Presentations Enjoy the presentations!

Summary Spain paper (optimization as theoretical framework): Defines selective editing as an optimization problem: choose the minimal subset of the records for editing such that the remaining measurement error is below a specified fraction. Italian paper (application of contamination model): Uses a (different) model-based approach, derive score functions from the model predicted values and applies to structural business statistics. Italian paper (selective editing and estimation): Uses SeleMix approach to selection and considers sampling, with probabilities proportional to scores, from unedited units to estimate –and correct for- bias.

Discussion The approach of Spain needs a covariance matrix of measurement errors, estimated on fully edited previous data. It is demanding to obtain this matrix. Is there an indication of how sensitive the solution (selection of units) is to misspecification of this covariance matrix. In the mixing model there is a mixing probability which is the expected proportion of error free data. This seems a quantity of interest in itself. Can it say something about the quality of the data and amount of editing necessary? Can the posterior (unit level) probability of an observation being free of error given be used as a “score”? The errors have zero mean under the model. So, editing reduces only variance and not bias? Can the model still be usefully applied when this assumption is violated. How about data with large positive errors (thousand errors).

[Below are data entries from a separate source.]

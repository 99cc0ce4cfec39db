-- ===== src/LogScanner/Tailer/State/Lines.antt =====
-- `str::lines` on texts whose lines end in newlines.
use sentinalysis.Base.{
  All, Bool, List, Text, [], all, ap, append_assoc, arith, false, not, refl, true, ℕ, ◌&&◌, ◌++◌,
  ◌==◌, ◌∙◌, ◌∷◌, ◌≡◌,
}
use sentinalysis.LogScanner.Tailer.State.{lines}

-- The text of lines that each end in "\n".
unfoldable pub unlines : List Text → Text
unlines [] = []
unlines (l ∷ ls) = l ++ 10 ∷ unlines ls

-- Neither line feed nor carriage return.
unfoldable pub is_plain : ℕ → Bool
is_plain c = not (c == 10) && not (c == 13)

unfoldable pub IsLine : Text → Type 0
IsLine l = all is_plain l ≡ true

pub lines-newline : (t : Text) → lines (10 ∷ t) ≡ [] ∷ lines t
unfolding lines
lines-newline [] = refl
lines-newline (c ∷ t) = refl

pub lines-cons :
    (c : ℕ) (t : Text) (l : Text) (ls : List Text)
    → is_plain c ≡ true
    → lines t ≡ l ∷ ls
    → lines (c ∷ t) ≡ (c ∷ l) ∷ ls
unfolding lines is_plain
lines-cons c [] l ls p h = absurd (cc)
lines-cons c (d ∷ t) l ls p h =
    let not_feed : (c == 10) ≡ false = ground arith in
    let not_return : (c == 13) ≡ false = ground arith in rw (not_feed, not_return, h) refl

pub lines-line : (l t : Text) → IsLine l → lines (l ++ 10 ∷ t) ≡ l ∷ lines t
unfolding IsLine
lines-line [] t h = lines-newline t
lines-line (c ∷ l) t h =
    lines-cons c (l ++ 10 ∷ t) l (lines t) (ground arith) (lines-line l t (ground arith))

pub lines-unlines : (ls : List Text) → All IsLine ls → lines (unlines ls) ≡ ls
unfolding unlines lines
lines-unlines [] h = refl
lines-unlines (l ∷ ls) h = lines-line l (unlines ls) h.0 ∙ ap (◌∷◌ l) (lines-unlines ls h.1)

-- The last line without its newline.
pub lines-last : (c : ℕ) (l : Text) → IsLine (c ∷ l) → lines (c ∷ l) ≡ (c ∷ l) ∷ []
unfolding IsLine lines is_plain
lines-last c [] h = let not_feed : (c == 10) ≡ false = ground arith in rw not_feed refl
lines-last c (d ∷ l) h =
    lines-cons c (d ∷ l) (d ∷ l) [] (unfold is_plain in ground arith)
      (lines-last d l (ground arith))

pub lines-unlines_last :
    (ls : List Text) (c : ℕ) (l : Text)
    → All IsLine ls
    → IsLine (c ∷ l)
    → lines (unlines ls ++ c ∷ l) ≡ ls ++ (c ∷ l) ∷ []
unfolding unlines
lines-unlines_last [] c l h k = lines-last c l k
lines-unlines_last (x ∷ ls) c l h k =
    ap lines (append_assoc x (10 ∷ unlines ls) (c ∷ l))
    ∙ lines-line x (unlines ls ++ c ∷ l) h.0
    ∙ ap (◌∷◌ x) (lines-unlines_last ls c l h.1 k)
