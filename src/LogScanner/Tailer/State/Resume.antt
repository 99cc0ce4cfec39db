-- ===== src/LogScanner/Tailer/State/Resume.antt =====
-- Where reading resumes: on files whose lines all end in a newline, and on the others.
use mathlib.Core.Path.{subst}
use sentinalysis.Base.{
  All, Bool, Bool-cases, List, Text, [], ap, append-nil, append_assoc, arith, if◌then◌else◌, inl,
  inr, leb, leb→le, len, len-append, length, map, refl, some, split_at_byte-append, suc, sym,
  text_eq_self, true, zero, ℕ, ◌++◌, ◌+◌, ◌∙◌, ◌∷◌, ◌≡◌, ◌≤◌,
}
use sentinalysis.LogScanner.Tailer.State.Lines.{IsLine, lines-unlines, unlines}
use sentinalysis.LogScanner.Tailer.State.{
  Seen, Sent, TailLine, TailerState, add_sent, goes_on, handle_path, modify_data, on_modified,
  on_position, react, read_appended, read_existing_lines, read_from, send_lines,
}
use sentinalysis.Base.Dict.{Dict, insert, lookup, lookup-insert, mem_text}

-- The line stands at its offset in the content, and a newline follows.
pub record StandsIn (content : Text) (l : TailLine) : Type 0 where
  pub before : Text
  pub after : Text
  pub parts : content ≡ before ++ (l.line ++ 10 ∷ after)
  pub offset : l.byte_offset ≡ len before

-- The lines `ls` of a file, sent from the offset where they start.
record SendsAll (content file : Text) (ls : List Text) (s : Sent) : Type 0 where
  same_lines : map TailLine.line s.sent ≡ ls
  at_end : s.next_offset ≡ len content
  complete : s.all_sent ≡ true
  in_place : All (StandsIn content) s.sent

SendsAll-first :
    (before file l : Text) (ls : List Text) (s : Sent)
    → SendsAll (before ++ (l ++ 10 ∷ unlines ls)) file ls s
    → SendsAll
        (before ++ (l ++ 10 ∷ unlines ls))
        file
        (l ∷ ls)
        (add_sent record { file_path = file; line = l; byte_offset = len before } s)
SendsAll-first before file l ls s h = record {
  same_lines = ap (◌∷◌ l) h.same_lines;
  at_end = h.at_end;
  complete = h.complete;
  in_place =
      (record { before = before; after = unlines ls; parts = refl; offset = refl }, h.in_place);
}

send_lines-SendsAll :
    (takes : ℕ) (file before : Text) (ls : List Text)
    → length ls ≤ takes
    → SendsAll (before ++ unlines ls) file ls (send_lines takes file (len before) ls)
unfolding send_lines unlines
send_lines-SendsAll takes file before [] h = record {
  same_lines = refl;
  at_end = ap len (sym (append-nil before));
  complete = refl;
  in_place = tt;
}
send_lines-SendsAll zero file before (l ∷ ls) h = absurd (omega arith)
send_lines-SendsAll (suc takes) file before (l ∷ ls) h =
    let further : Text = before ++ (l ++ 10 ∷ []) in
    let rest = send_lines-SendsAll takes file further ls (omega arith) in
    let regroup : further ++ unlines ls ≡ before ++ (l ++ 10 ∷ unlines ls) =
      append_assoc before (l ++ 10 ∷ []) (unlines ls)
      ∙ ap (λ t. before ++ t) (append_assoc l (10 ∷ []) (unlines ls)) in
    let place : len further ≡ len before + (len l + 1) =
      len-append before (l ++ 10 ∷ []) ∙ ap (λ n. len before + n) (len-append l (10 ∷ [])) in
    let moved =
      subst (λ n. SendsAll (further ++ unlines ls) file ls (send_lines takes file n ls)) place
        rest in
    let later = send_lines takes file (len before + (len l + 1)) ls in
    SendsAll-first before file l ls later (subst (λ c. SendsAll c file ls later) regroup moved)

-- What a round that took every new line leaves behind.
pub record Resumed (path content : Text) (ms : List Text) (st : TailerState) (ls : List TailLine)
    : Type 0 where
  pub all_lines : map TailLine.line ls ≡ ms
  pub position : lookup path st.positions ≡ some (len content)
  pub in_place : All (StandsIn content) ls

pub lookup-insert_self : (k : Text) (v : ℕ) (m : Dict ℕ) → lookup k (insert k v m) ≡ some v
lookup-insert_self k v m =
    lookup-insert k k v m ∙ ap (λ b. if b then some v else lookup k m) (text_eq_self k)

-- On a file of lines that each end in a newline and hold no carriage return, with a receiver that
-- takes them all, the first read emits exactly the lines, each with the byte offset at which it
-- stands, and records the file's length as the position.
pub read_existing_lines-Resumed :
    (takes : ℕ) (path : Text) (ls : List Text) (st : TailerState)
    → All IsLine ls
    → length ls ≤ takes
    → Resumed path
        (unlines ls)
        ls
        (read_existing_lines takes path (unlines ls) st).0
        (read_existing_lines takes path (unlines ls) st).1
unfolding read_existing_lines
read_existing_lines-Resumed takes path ls st h k =
    let done = send_lines-SendsAll takes path [] ls k in
    let same = lines-unlines ls h in
    subst
      (λ found.
        Resumed path (unlines ls) ls
          (record st {
            positions = insert path (send_lines takes path 0 found).next_offset st.positions;
          })
          (send_lines takes path 0 found).sent)
      (sym same)
      record {
        all_lines = done.same_lines;
        position = lookup-insert_self path _ st.positions ∙ ap some done.at_end;
        in_place = done.in_place;
      }

len-zero : (s : Text) → len s ≡ 0 → s ≡ []
len-zero [] h = refl
len-zero (c ∷ s) h = absurd (ground arith)

pub read_from-append : (a b : Text) → read_from (len a) (a ++ b) ≡ some b
unfolding read_from
read_from-append a b = elim (Bool-cases (leb (len (a ++ b)) (len a))) [
  | inl e ↦
      let nothing : b ≡ [] = len-zero b (omega (arith, leb→le _ _ e, len-append a b)) in
      rw (e, nothing) refl
  | inr e ↦ rw (e, split_at_byte-append a b) refl
]

appended-Resumed :
    (takes : ℕ) (path before : Text) (ms : List Text) (st : TailerState)
    → All IsLine ms
    → length ms ≤ takes
    → Resumed path
        (before ++ unlines ms)
        ms
        (read_appended takes path (len before) (some (unlines ms)) st).state
        (read_appended takes path (len before) (some (unlines ms)) st).emitted
      × ((read_appended takes path (len before) (some (unlines ms)) st).next ≡ goes_on)
unfolding read_appended
appended-Resumed takes path before ms st h k =
    let done = send_lines-SendsAll takes path before ms k in
    let same = lines-unlines ms h in
    rw (same, done.complete)
      (
        record {
          all_lines = done.same_lines;
          position = lookup-insert_self path _ st.positions ∙ ap some done.at_end;
          in_place = done.in_place;
        },
        refl,
      )

-- When a tailed file was read up to the end of `before` and now holds further lines that each end
-- in a newline and hold no carriage return, and the receiver takes them all, the handling of its
-- data event emits exactly those lines, each with the byte offset at which it stands in the file,
-- and leaves the position at the end of the file.
pub handle_path-Resumed :
    (takes : ℕ) (path file_name before : Text) (ms : List Text) (is_watched : Bool)
    (st : TailerState)
    → mem_text path st.tailed_files ≡ true
    → lookup path st.positions ≡ some (len before)
    → All IsLine ms
    → length ms ≤ takes
    → let seen : Seen = record {
      path = path;
      file_name = some file_name;
      content = some (before ++ unlines ms);
      is_watched = is_watched;
    } in
      let round = handle_path takes modify_data seen st in
      Resumed path (before ++ unlines ms) ms round.state round.emitted × (round.next ≡ goes_on)
unfolding handle_path react on_modified on_position
handle_path-Resumed takes path file_name before ms is_watched st tailed at h k =
    rw (tailed, at, read_from-append before (unlines ms))
      (appended-Resumed takes path before ms st h k)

Summary Census Bureau: Selective editing of trade data. A scoring method that modifies HB-method since now previous values are available. Evaluation of pseudo bias. Sweden: Tree model for constructing edit groups. Soft edits are used to detect suspicious values. The acceptance region can differ between homogeneous subgroups of the data. Germany: An automated comparison of statistics. Automatic checking of aggregates and flagging of suspicious records (drilling-down). Based on principle components instead of original variables. Sweden: Use of evaluation data sets. Implementation issues of selective editing, especially w.r.t. setting threshold values. Advise on how to choose evaluation data sets.

Discussion Is the tree-based method for creating edit groups already applied? Are there practical experiences? Macro editing using principle components. Is it necessary that the “true” correlation structure (with no errors) of the reference and actual data set are similar? Evaluation of absolute pseudo bias. Is this expensive since it requires fully edited data? How often do we need such evaluations. Can it also be done for only a sample from the non-edited units?